Load balancing and desaster failover are completely different issues.

If your corporate system is quite big, I'd probably advise BGP-based
failover (take care of properly resetting tcp sessions, etc) to a full
mirror datacenter - that's eg. what one of my customers (a major German
ISP and mass-hoster) does. For geographical load balancing you could use
multisite announcements (like eg. akamai does), but that needs proper
support by the whole systems architecture (multimaster synchronization
over hi latency links, etc).

> So before we will purchase a commercial solution (F5, Netscaler, foo, ....)
> I would like to ask how you would build up such a configuration based upon
> open source?

It's not a matter of invidual products, but the systems architecture.
We'll need to know *much* more about it before we could give any advise.

> I guess it will be a combination of Bind (availability for views to connect
> the source IP to different DNS resolutions), Linux-HA and maybe a self
> written script(?) based logic to manipulate the components.

Might be good tools for that. But can't tell without more information.

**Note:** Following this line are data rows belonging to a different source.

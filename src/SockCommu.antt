-- ===== src/SockCommu.antt =====
-- CTSockCommu of ServerFrameWork/src/base/sockcommu.cpp and include/sockcommu.h: the connections of a
-- proxy behind callbacks. State has its fields and the calls that all operations share, Accept the new
-- connections, Receive the loops of `poll`, Send `sendto` and `ctrl`, Start `init` and `InitExt`, Route
-- the tables of nodes.
--
-- The registered callbacks are a parameter: a callback gets the whole state, with `buff_blob_` in it,
-- and gives back another, as it may call `sendto` or `connect` and write to the blob. What the
-- system's calls answer is an argument of each operation. The build is the one without
-- LOAD_CHECK_ENABLE and OPEN_PRINT; a pool always has a block, so nothing is caught.
pub mod State
pub mod Accept
pub mod Receive
pub mod Send
pub mod Start
pub mod Route
pub mod Expire
pub mod Stream
pub mod Admit
pub mod Drain
pub mod Waits
mod Tests
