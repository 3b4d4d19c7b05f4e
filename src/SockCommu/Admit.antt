-- ===== src/SockCommu/Admit.antt =====
-- What becomes of a client's descriptor in CTSockCommu::handle_accept (sockcommu.cpp).
use spp_server_frame_work.Base.{
  ℕ, zero, ◌+◌, ◌^◌, ◌<◌, ◌≡◌, ◌≢◌, ◌⊎◌, inl, inr, refl, sym, ap, ◌∙◌, subst, Bool, true, false, [],
  ◌∷◌, Option, none, some, ==-refl,
}
use mathlib.Core.Option.{none-ne-some, some-injective}
use spp_server_frame_work.ConnSet.{Ipport, ConnSet, is_conn, fd}
use spp_server_frame_work.ConnSet
use spp_server_frame_work.ConnSet.Flows.{Adds, addconn-Adds}
use spp_server_frame_work.PollFlow.{Event, value, minus, ctl}
use spp_server_frame_work.PollFlow.Tags.{iterator-ctl}
use spp_server_frame_work.SockCommu.State.{
  pos, cb_connected, epollin, epollet, SockCommu, FuncList, call, close_fd, epoll_ctl, next_flow,
  joined, addconn,
}
use spp_server_frame_work.SockCommu.Accept.{AcceptAnswers, announced, watch, admit, handle_accepted}
use spp_server_frame_work.SockCommu.Receive.{fd_of, flow_of}

-- The connection set of `c'` has that of `c` and the descriptor `d` as flow `f`; `g` is any other flow.
pub record Took (c c' : SockCommu) (d f g : ℕ) : Type 0 where
  pub stands : fd c'.connset f ≡ some d
  pub counted : (c'.connset).curconn ≡ (c.connset).curconn + 1
  pub others : (is_conn c.connset g ≡ false) ⊎ (fd c'.connset g ≡ fd c.connset g)

-- What `addconn` gives if the set takes the connection.
abbrev Joins : SockCommu → ℕ → ℕ → ℕ → SockCommu × Bool → Type 0
Joins c d f g (c', added) =
    (added ≡ true) × (c'.flow ≡ f) × (c'.interest ≡ c.interest) × Took c c' d f g

joined-Joins :
    (c : SockCommu) (d f g : ℕ) (r : ConnSet × Option ℕ)
    → Adds c.connset d g r
    → r.1 ≡ some f
    → f ≢ 0
    → Joins c d f g (joined c r)
unfolding joined Adds
joined-Joins c d f g (s, none) h e nz = absurd (none-ne-some f e)
joined-Joins c d f g (s, some f') (new, count, old) e nz =
    let same : f' ≡ f = some-injective f' f e in
    (
      refl,
      same,
      refl,
      record {
        stands = elim new [
          | inl z ↦ absurd (nz (sym same ∙ z))
          | inr there ↦ ap (fd s) (sym same) ∙ there
        ];
        counted = count;
        others = old;
      },
    )

addconn-Joins :
    (c : SockCommu) (d type now f g : ℕ)
    → (ConnSet.addconn c.connset c.flow d type now).1 ≡ some f
    → f ≢ 0
    → Joins c d f g (addconn d type now c)
unfolding addconn
addconn-Joins c d type now f g e nz =
    joined-Joins c d f g (ConnSet.addconn c.connset c.flow d type now)
      (addconn-Adds c.connset c.flow d type now g) e nz

-- The callback for the connection has left the state `c2` and denied nothing, the socket can be made
-- non-blocking, and the set has a slot for the connection, as flow `f`.
module _ (funcs : FuncList) (listening clifd f g : ℕ) (a : AcceptAnswers) (c c2 : SockCommu)
    (told : call funcs cb_connected
        (next_flow c).flow
        (announced listening clifd a.peer (next_flow c))
        (next_flow c)
      ≡ (c2, pos zero))
    (nonblock : a.nonblock ≡ true)
    (slot : (ConnSet.addconn c2.connset c2.flow clifd (c2.sockbind listening).type a.now).1
      ≡ some f)
    (nz : f ≢ 0) where
  -- What `handle_accept` does in this case.
  handle_accepted_lem :
      handle_accepted funcs listening clifd a c
      ≡ watch clifd a.added (addconn clifd (c2.sockbind listening).type a.now c2).0
  unfolding handle_accepted admit
  handle_accepted_lem =
      let (yes_added, _, _, _) =
        addconn-Joins c2 clifd (c2.sockbind listening).type a.now f g slot nz in
      rw (told, nonblock, yes_added) refl

  -- If CB_CONNECTED denies nothing, the socket can be made non-blocking, the set gives the connection a
  -- flow `f` that is not 0, and the kernel takes the descriptor, whose numbers fit their 31 and 32 bits:
  -- flow `f` stands for the descriptor, one more connection is counted, the kernel's event for it comes
  -- back with both, and any other flow with a connection stands for what it did.
  pub handle_accepted-Took :
      (n : ℕ)
      → a.added ≡ value n
      → clifd < 2 ^ 31
      → f < 2 ^ 32
      → (let c' = handle_accepted funcs listening clifd a c in
          Took c2 c' clifd f g
          × ((e : Event) × (c'.interest clifd ≡ some e)
              × (e.events ≡ epollin + epollet)
              × (flow_of e ≡ f)
              × (fd_of e ≡ clifd)))
  unfolding watch epoll_ctl ctl
  handle_accepted-Took n added small fits =
      let c3 = (addconn clifd (c2.sockbind listening).type a.now c2).0 in
      let (_, flow, _, took) =
        addconn-Joins c2 clifd (c2.sockbind listening).type a.now f g slot nz in
      let e = (ctl clifd c3.flow (epollin + epollet) (value n) 0).0 in
      let ef = (ctl clifd f (epollin + epollet) (value n) 0).0 in
      let same : e ≡ ef = ap (λ k. (ctl clifd k (epollin + epollet) (value n) 0).0) flow in
      let (d, k) =
        iterator-ctl clifd f (epollin + epollet) 0 0 0 (value n) (value 1) (ef ∷ []) small fits
          refl in
      subst
        (λ c'.
          Took c2 c' clifd f g
          × ((e : Event) × (c'.interest clifd ≡ some e)
              × (e.events ≡ epollin + epollet)
              × (flow_of e ≡ f)
              × (fd_of e ≡ clifd)))
        (sym (handle_accepted_lem ∙ ap (λ r. watch clifd r c3) added))
        (
          record { stands = took.stands; counted = took.counted; others = took.others },
          (e, rw (==-refl clifd) refl, refl, ap flow_of same ∙ k, ap fd_of same ∙ d),
        )

  -- If CB_CONNECTED denies nothing, the socket can be made non-blocking, the set gives the connection a
  -- flow `f` that is not 0, and the kernel refuses the descriptor: it is closed, and flow `f` stands for
  -- it all the same and is counted.
  pub handle_accepted-leaks :
      (n : ℕ)
      → a.added ≡ minus n
      → (let c' = handle_accepted funcs listening clifd a c in
          Took c2 c' clifd f g × (c'.interest clifd ≡ none))
  unfolding watch close_fd
  handle_accepted-leaks n added =
      let c3 = (addconn clifd (c2.sockbind listening).type a.now c2).0 in
      let (_, _, _, took) = addconn-Joins c2 clifd (c2.sockbind listening).type a.now f g slot nz in
      subst (λ c'. Took c2 c' clifd f g × (c'.interest clifd ≡ none))
        (sym (handle_accepted_lem ∙ ap (λ r. watch clifd r c3) added))
        (
          record { stands = took.stands; counted = took.counted; others = took.others },
          rw (==-refl clifd) refl,
        )
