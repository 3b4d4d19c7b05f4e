-- ===== src/SockCommu/Drain.antt =====
-- What CTSockCommu (sockcommu.cpp) keeps for a slow receiver goes out when its socket takes bytes.
use spp_server_frame_work.Base.{
  ℕ, zero, suc, ◌-◌, ◌≤◌, ◌≡◌, refl, sym, ap, ap₂, ◌∙◌, subst, true, false, not, ◌&&◌, List, [],
  ◌∷◌, leb, ◌==◌, length, arith,
}
use spp_server_frame_work.ConnSet.{
  Result, not_findfd, need_close, again, need_send, done, ok, is_conn, sendfromcache,
}
use spp_server_frame_work.ConnSet.Stream.{kept}
use spp_server_frame_work.ConnSet.Output.{
  IsDone, sendfromcache-Same, sendfromcache-less, is_conn-Same,
}
use spp_server_frame_work.PollFlow.{Answer, value, minus}
use spp_server_frame_work.SockCommu.State.{
  SockBind, epollin, epollout, SockCommu, FuncList, epoll_ctl,
}
use spp_server_frame_work.SockCommu.Receive.{
  Ready, cached_answered, send_cached, is_listening, handle, handle_all, fd_of, flow_of, has,
}

-- A socket that is ready for writing, and takes at least a byte.
pub record IsWritable (flow fd : ℕ) (e : Ready) : Type 0 where
  pub of_fd : fd_of e.event ≡ fd
  pub of_flow : flow_of e.event ≡ flow
  pub writable : has e.event epollout ≡ true
  pub not_readable : has e.event epollin ≡ false
  pub bytes : ℕ
  pub takes : e.sent ≡ ok (suc bytes)

abbrev pub AllWritable : ℕ → ℕ → List Ready → Type 0
AllWritable flow fd [] = Unit {0}
AllWritable flow fd (e ∷ es) = IsWritable flow fd e × AllWritable flow fd es

-- What an event for writing leaves.
abbrev Step : ℕ → SockCommu → Ready → SockCommu → Type 0
Step flow c e c' =
    (c'.connset ≡ (sendfromcache c.connset flow e.now e.sent).0)
    × (c'.sockbind ≡ c.sockbind)
    × (c'.maxbindfd ≡ c.maxbindfd)

ctl-Step :
    (fd flow flag : ℕ) (a : Answer) (c : SockCommu)
    → (let c' = epoll_ctl fd flow flag a c in
        (c'.connset ≡ c.connset) × (c'.sockbind ≡ c.sockbind) × (c'.maxbindfd ≡ c.maxbindfd))
unfolding epoll_ctl
ctl-Step fd flow flag (value n) c = (refl, refl, refl)
ctl-Step fd flow flag (minus n) c = (refl, refl, refl)

answered-Step :
    (funcs : FuncList) (flow fd : ℕ) (e : Ready) (c : SockCommu) (ret : Result)
    → IsDone ret
    → (let c' = cached_answered funcs flow fd e c ret in
        (c'.connset ≡ c.connset) × (c'.sockbind ≡ c.sockbind) × (c'.maxbindfd ≡ c.maxbindfd))
unfolding cached_answered
answered-Step funcs flow fd e c (done zero) h = ctl-Step fd flow _ e.modified c
answered-Step funcs flow fd e c (done (suc n)) h = (refl, refl, refl)
answered-Step funcs flow fd e c not_findfd h = absurd h
answered-Step funcs flow fd e c need_close h = absurd h
answered-Step funcs flow fd e c again h = absurd h
answered-Step funcs flow fd e c need_send h = absurd h

module _ (funcs : FuncList) (flow fd : ℕ) where
  handle-Step :
      (c : SockCommu) (e : Ready)
      → IsWritable flow fd e
      → is_listening c fd ≡ false
      → is_conn c.connset flow ≡ true
      → Step flow c e (handle funcs c e)
  unfolding handle send_cached
  handle-Step c e w other conn =
      let less = sendfromcache-less c.connset flow e.now w.bytes conn in
      let (s, ret, gone) = sendfromcache c.connset flow e.now e.sent in
      let succeeds : IsDone ret =
        subst (λ a. IsDone (sendfromcache c.connset flow e.now a).1) (sym w.takes) less.0 in
      rw (w.of_fd, w.of_flow, other, w.writable, w.not_readable)
        (answered-Step funcs flow fd e (record c { connset = s }) ret succeeds)

  is_listening-cong :
      (c c' : SockCommu)
      → c'.sockbind ≡ c.sockbind
      → c'.maxbindfd ≡ c.maxbindfd
      → is_listening c' fd ≡ is_listening c fd
  unfolding is_listening
  is_listening-cong c c' b m = ap₂ (λ (f : ℕ → SockBind) k. leb fd k && not ((f fd).type == 0)) b m

  nil_of_none : (l : List ℕ) → length l ≤ 0 → l ≡ []
  nil_of_none [] h = refl
  nil_of_none (x ∷ l) h = absurd (omega arith)

  -- For a flow with a connection, whose descriptor does not listen: after as many events for writing
  -- alone as there are bytes kept, or more, at which the socket takes at least a byte each time, no byte
  -- is kept.
  pub handle_all-drains :
      (es : List Ready) (c : SockCommu)
      → AllWritable flow fd es
      → is_listening c fd ≡ false
      → is_conn c.connset flow ≡ true
      → length (kept c.connset flow) ≤ length es
      → kept (handle_all funcs es c).connset flow ≡ []
  unfolding handle_all
  handle_all-drains [] c w other conn h = nil_of_none (kept c.connset flow) h
  handle_all-drains (e ∷ es) c (w, ws) other conn h =
      let c' = handle funcs c e in
      let (step, b, m) = handle-Step c e w other conn in
      let s' = (sendfromcache c.connset flow e.now e.sent).0 in
      let less : length (kept s' flow) ≤ length (kept c.connset flow) - 1 =
        subst
          (λ a.
            length (kept (sendfromcache c.connset flow e.now a).0 flow)
            ≤ length (kept c.connset flow) - 1)
          (sym w.takes) (sendfromcache-less c.connset flow e.now w.bytes conn).1 in
      let same = is_conn-Same c.connset s' flow (sendfromcache-Same c.connset flow e.now e.sent) in
      handle_all-drains es c' ws (is_listening-cong c c' b m ∙ other)
        (ap (λ s. is_conn s flow) step ∙ same ∙ conn)
        (subst (λ s. length (kept s flow) ≤ length es) (sym step) (omega (arith, less)))
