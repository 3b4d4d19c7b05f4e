-- ===== src/SockCommu/Route.antt =====
-- tagTRouteTable and tagTRouteConfig (sockcommu.cpp, sockcommu.h): which node serves a key. A `std::map`
-- is the list of its entries in the order of the keys.
use spp_server_frame_work.Base.{
  ℕ, ◌&&◌, List, [], ◌∷◌, Option, none, some, leb, ◌==◌, if◌then◌else◌,
}
use spp_server_frame_work.SockCommu.State.{NodeInfo}

abbrev pub MapNode : Type 0
MapNode = List (ℕ × NodeInfo)

abbrev pub MapRouteTable : Type 0
MapRouteTable = List (ℕ × MapNode)

unfoldable pub get_node_info : ℕ → MapNode → Option NodeInfo
get_node_info node_id [] = none
get_node_info node_id ((k, node) ∷ m) = if k == node_id then some node else get_node_info node_id m

-- 0 where no node has the key.
unfoldable pub get_node_id : ℕ → MapNode → ℕ
get_node_id node_key [] = 0
get_node_id node_key ((k, node) ∷ m) =
    if leb node.begin node_key && leb node_key node.end
    then node.node_id
    else get_node_id node_key m

unfoldable pub get_route_table : ℕ → MapRouteTable → Option MapNode
get_route_table serv_type [] = none
get_route_table serv_type ((k, table) ∷ m) =
    if k == serv_type then some table else get_route_table serv_type m

-- `GetNodeInfo` of the configuration.
unfoldable pub config_node_info : ℕ → ℕ → MapRouteTable → Option NodeInfo
config_node_info serv_type node_id m = elim (get_route_table serv_type m) [
  | none ↦ none
  | some table ↦ get_node_info node_id table
]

> Anyone who have already implemented a similar solution? Any advice for
> know programs?

Yes, indeed. For example, mirroring cluster node's storage space via
DRBD (beware: synchronous write performance over the ocean is *really*
bad. the commercial proxy, essentially a buffered pipeline, helps a bit,
but still suboptimal) - we already have some concepts for a transaction-
based replicated blockstore (which also includes cheap snapshots, etc),
but not yet the resources to actually implement it.